Syndrome baby-cut

Qu'est-ce que c'est?

Le terme a été créé le 16 janvier 2018 par Malika de Selfharmerproblems dans un post sur Instagram. Le syndrome baby-cut (de l'anglais baby-cut syndrome, littéralement "syndrome des bébé-coupures") est défini comme le sentiment de ne pas se blesser suffisament bien, et de ne donc pas avoir de réelles difficultés ou d'être un "mauvais automutilateur". Ce sentiment peut également nourrir une forme de compétition et de comparaison chez les personnes concernées, autant entres elles qu'avec elles-mêmes. Cela peut se manifester par une forme de fierté lorsqu'une personne avec des blessures ou des cicatrices moins importantes est rencontrée, ou un sentiment de honte face à une personne avec des blessures ou des cicatrices plus importantes.

Pourquoi ce nom?

Ce nom vient de l'expression “baby cuts” (ou mini-coupure en français) qui est souvent utilisée par les personnes concernées sur les réseaux sociaux. Cette expression est utilisée pour décrire des blessures d'automutilation en sous-entendant qu'elles ne sont pas assez importantes.

Est-ce un terme officiel ou un diagnostic ?

Le syndrome baby-cut n'est pas un terme ou un diagnostic créé par des professionnels de la santé mentale. Ce concept a été créé par Malika de Selfharmerproblems pour décrire son expérience ainsi que celle de nombreuses autres personnes concernées par l'automutilation.

Pourquoi ce sentiment ?

C'est une expérience complexe qui peut être difficile à comprendre pour ceux qui ne l'ont jamais vécue. Une explication sur sa raison d'être peut être que parfois, la personne concernée peut penser que l'automutilation est la seule chose pour laquelle elle est compétente. Il peut donc être bouleversant de perdre ce sentiment de performance. Le fait de ne jamais être satifsait et de toujours vouloir se détuire plus fait également partie du fonctionnement d'une addiction.

Que puis-je faire ?

Si tu le vis :

  1. Protège-toi des contenus qui te font ressentir ce sentiment. Désabonne-toi des comptes qui te font du mal.
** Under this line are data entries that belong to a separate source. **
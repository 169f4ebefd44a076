-- ===== src/Server/Dispatch/Threads/Termination.antt =====
-- How long `shutdown` of server/server.go waits for the dispatchers.
use mathlib.Core.Path.{subst}
use wsp.Base.{
  ℕ, zero, suc, ◌+◌, ◌*◌, ◌≡◌, refl, sym, ap, ◌∙◌, List, [], ◌∷◌, ◌++◌, ◌⊎◌, inl, inr, Every,
  Every-at, length, arith,
}
use wsp.Server.Dispatch.Threads.{
  Dispatcher, resting, leaving, gone, crashed, asking, awaiting, fetching, Main, serving, stopped,
  replying, draining, State, Step, IsEnding, Reach, here, next,
}
use wsp.Server.Dispatch.Threads.Ending.{
  IsQuiet, left, left-replace, Calm, Calm-subst, no_request, open_not_Calm, Reach-Calm, Step-Calm,
  resting-Calm,
}

-- The steps that a dispatcher, or the main goroutine, has before it.
abbrev pub weight : Dispatcher → ℕ
weight resting = 2
weight leaving = 1
weight _ = 0

abbrev pub weights : List Dispatcher → ℕ
weights [] = 0
weights (d ∷ ds) = weight d + weights ds

abbrev pub main_weight : Main → ℕ
main_weight (draining n) = 1
main_weight _ = 0

abbrev pub measure : State → ℕ
measure s = main_weight s.main + weights s.dispatchers

-- The steps of a run.
abbrev pub steps : {s t : State} → Reach s t → ℕ
steps here = 0
steps (next r st) = suc (steps r)

weights-replace :
    (xs : List Dispatcher) (d e : Dispatcher) (ys : List Dispatcher)
    → weights (xs ++ d ∷ ys) + weight e ≡ weights (xs ++ e ∷ ys) + weight d
weights-replace [] d e ys = omega arith
weights-replace (x ∷ xs) d e ys = omega (arith, weights-replace xs d e ys)

-- Each step of a calm state is one less to come.
Step-measure : {s t : State} → Step s t → Calm s.main s.dispatchers → measure s ≡ suc (measure t)
Step-measure {s} (Step.accepts xs ys k at o) c = absurd (open_not_Calm s.main s.dispatchers o c)
Step-measure {s} (Step.asks xs ys k at m) c = no_request s xs (asking k) ys c at (λ q. q)
Step-measure {s} (Step.replies xs ys k j at m) c = no_request s xs (awaiting k) ys c at (λ q. q)
Step-measure {s} (Step.replies_nil xs ys k j at m) c = no_request s xs (awaiting k) ys c at (λ q. q)
Step-measure {s} (Step.finds xs ys k j at) c = no_request s xs (fetching k j) ys c at (λ q. q)
Step-measure {s} (Step.retries xs ys k j at) c = no_request s xs (fetching k j) ys c at (λ q. q)
Step-measure {s} (Step.shuts_down m) c = absurd (Calm-subst serving s.dispatchers c refl m)
Step-measure {s} (Step.leaves xs ys at e) c =
    omega (arith, ap weights at, weights-replace xs resting leaving ys)
Step-measure {s} (Step.counts xs ys n at m) c =
    omega (arith, ap weights at, ap main_weight m, weights-replace xs leaving gone ys)
Step-measure {s} (Step.miscounts xs ys k n at m) c = no_request s xs (asking k) ys c at (λ q. q)
Step-measure {s} (Step.stops m) c = omega (arith, ap main_weight m)
Step-measure {s} (Step.starves xs ys k at m) c = no_request s xs (awaiting k) ys c at (λ q. q)
Step-measure {s} (Step.crashes xs ys at m) c =
    let e : leaving ≡ gone =
      Every-at (λ d. d ≡ gone) xs leaving ys (Calm-subst stopped (xs ++ leaving ∷ ys) c at m) in
    absurd (omega (arith, ap weight e))
Step-measure {s} (Step.crashes_asking xs ys k at m) c = no_request s xs (asking k) ys c at (λ q. q)

Reach-measure :
    {s t : State} (r : Reach s t) → Calm s.main s.dispatchers → measure s ≡ steps r + measure t
Reach-measure here c = omega arith
Reach-measure (next r st) c = omega (arith, Reach-measure r c, Step-measure st (Reach-Calm c r))

-- What a quiet list holds.
abbrev Contains : Dispatcher → List Dispatcher → Type 0
Contains d ds = (xs : List Dispatcher) × (ys : List Dispatcher) × (ds ≡ xs ++ d ∷ ys)

Contains-later : (d e : Dispatcher) (ds : List Dispatcher) → Contains d ds → Contains d (e ∷ ds)
Contains-later d e ds (xs, ys, h) = (e ∷ xs, ys, ap (λ l. e ∷ l) h)

quiet_cases :
    (ds : List Dispatcher)
    → Every IsQuiet ds
    → (left ds ≡ 0) ⊎ Contains resting ds ⊎ Contains leaving ds
quiet_cases [] q = inl refl
quiet_cases (resting ∷ ds) q = inr (inl ([], ds, refl))
quiet_cases (leaving ∷ ds) q = inr (inr ([], ds, refl))
quiet_cases (gone ∷ ds) (q, qs) = elim (quiet_cases ds qs) [
  | inl e ↦ inl (omega (arith, e))
  | inr (inl h) ↦ inr (inl (Contains-later resting gone ds h))
  | inr (inr h) ↦ inr (inr (Contains-later leaving gone ds h))
]
quiet_cases (crashed ∷ ds) (q, qs) = absurd q
quiet_cases (asking k ∷ ds) (q, qs) = absurd q
quiet_cases (awaiting k ∷ ds) (q, qs) = absurd q
quiet_cases (fetching k j ∷ ds) (q, qs) = absurd q

-- A calm state whose main goroutine has not stopped can go on.
progress :
    (s : State) (m : Main)
    → s.main ≡ m
    → Calm m s.dispatchers
    → (s.main ≡ stopped) ⊎ ((t : State) × Step s t)
progress s stopped e c = inl e
progress s serving e c = absurd c
progress s (replying k) e c = absurd c
progress s (draining n) e (quiet, l) = elim (quiet_cases s.dispatchers quiet) [
  | inl none_left ↦ inr (_, Step.stops (e ∙ ap draining (sym l ∙ none_left)))
  | inr (inl (xs, ys, h)) ↦ inr (_, Step.leaves xs ys h (subst IsEnding (sym e) tt))
  | inr (inr (xs, ys, h)) ↦ inr (
    _,
    Step.counts xs ys (left (xs ++ gone ∷ ys)) h
        (e ∙ ap draining (omega (arith, l, ap left h, left-replace xs leaving gone ys))),
  )
]

Reach-after : {s t u : State} → Step s t → Reach t u → Reach s u
Reach-after st here = next here st
Reach-after st (next r st') = next (Reach-after st r) st'

-- All that follows ends with the main goroutine stopped.
completes :
    (n : ℕ) (s : State)
    → Calm s.main s.dispatchers
    → measure s ≡ n
    → (t : State) × Reach s t × (t.main ≡ stopped)
completes zero s c e = elim (progress s s.main refl c) [
  | inl done ↦ (s, here, done)
  | inr (t, st) ↦ absurd (omega (arith, Step-measure st c, e))
]
completes (suc n) s c e = elim (progress s s.main refl c) [
  | inl done ↦ (s, here, done)
  | inr (t, st) ↦
      let (u, r, done) = completes n t (Step-Calm st c) (omega (arith, Step-measure st c, e)) in
      (u, Reach-after st r, done)
]

weights-gone : (ds : List Dispatcher) → Every (λ d. d ≡ gone) ds → weights ds ≡ 0
weights-gone [] e = refl
weights-gone (d ∷ ds) (e, es) = omega (arith, ap weight e, weights-gone ds es)

weights-resting : (ds : List Dispatcher) → Every (λ d. d ≡ resting) ds → weights ds ≡ 2 * length ds
weights-resting [] e = refl
weights-resting (d ∷ ds) (e, es) = omega (arith, ap weight e, weights-resting ds es)

-- If no dispatcher has a request when `shutdown` begins, its wait ends: every run from there can be
-- continued until the main goroutine has stopped and all dispatchers have ended, and then it has
-- taken two steps for each dispatcher and one more, however they interleave.
pub shuts_down-ends :
    (s t : State)
    → s.main ≡ serving
    → Every (λ d. d ≡ resting) s.dispatchers
    → (r : Reach (record s { main = draining (length s.dispatchers) }) t)
    → (u : State) × (q : Reach t u) × (u.main ≡ stopped)
      × Every (λ d. d ≡ gone) u.dispatchers
      × (steps r + steps q ≡ 2 * length s.dispatchers + 1)
shuts_down-ends s t m quiet r =
    let calm = resting-Calm s.dispatchers quiet in
    let calm' = Reach-Calm calm r in
    let (u, q, done) = completes (measure t) t calm' refl in
    let end : Every (λ d. d ≡ gone) u.dispatchers =
      Calm-subst stopped u.dispatchers (Reach-Calm calm' q) refl done in
    (
      u,
      q,
      done,
      end,
      omega (
        arith,
        Reach-measure r calm,
        Reach-measure q calm',
        weights-gone u.dispatchers end,
        weights-resting s.dispatchers quiet,
        ap main_weight done,
      ),
    )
  2. Saches que ce ne sera jamais assez. La personne à qui tu te compares ressent probablement la même chose que toi. Peu importe ce que tu imagines, cela ne semblera jamais assez.

  3. Rappelle-toi que peu importe la sévérité des blessures, le fait de se blesser pour gérer ses émotions est grave et un problème sérieux.

Si un proche ou un patient est concerné.e :

  1. Reconnaissez que c'est un sentiment qu’il ou elle peut ressentir sans savoir comment l’exprimer ou l’expliquer. Vous devrez peut-être être la personne qui amène ce sujet d’une manière douce et non-jugeante.

    Vous pouvez par exemple dire « j’ai entendu que parfois, les personnes qui s’automutilent ont l’impression de ne pas le faire assez bien et se sentent en compétition entre elles. Cela doit être dur de ressentir ça. Est-ce que tu t’es déjà senti.e comme ça ? »

  2. Soyez attentif à ne pas renforcer ce sentiment par ce que vous dites. Essayer de parler au minimum du degré de sévérité de l’automutilation – des blessures, des cicatrices mais aussi du comportement. Ne comparez pas la gravité de l’automutilation, que ce soit à d’autres personnes ou à d’autres périodes de la vie de la personne en face de vous.

    Voici des phrases que vous devriez éviter :

    • Ce n’est pas aussi grave que la dernière fois/que cette autre personne.

      Nous savons que votre intention n’est pas de nous blesser. Mais cela peut faire comprendre qu’il ou elle ne s’est pas assez blessé.e, et qu’il faudra faire « mieux » la prochaine fois.

    • Tu as plus/moins de blessures ou de cicatrices que telle personne.

      Même si vous essayez de nous réassurer, ces deux phrases peuvent nourrir une pensée compétitive et la comparaison, et donc aggraver la situation.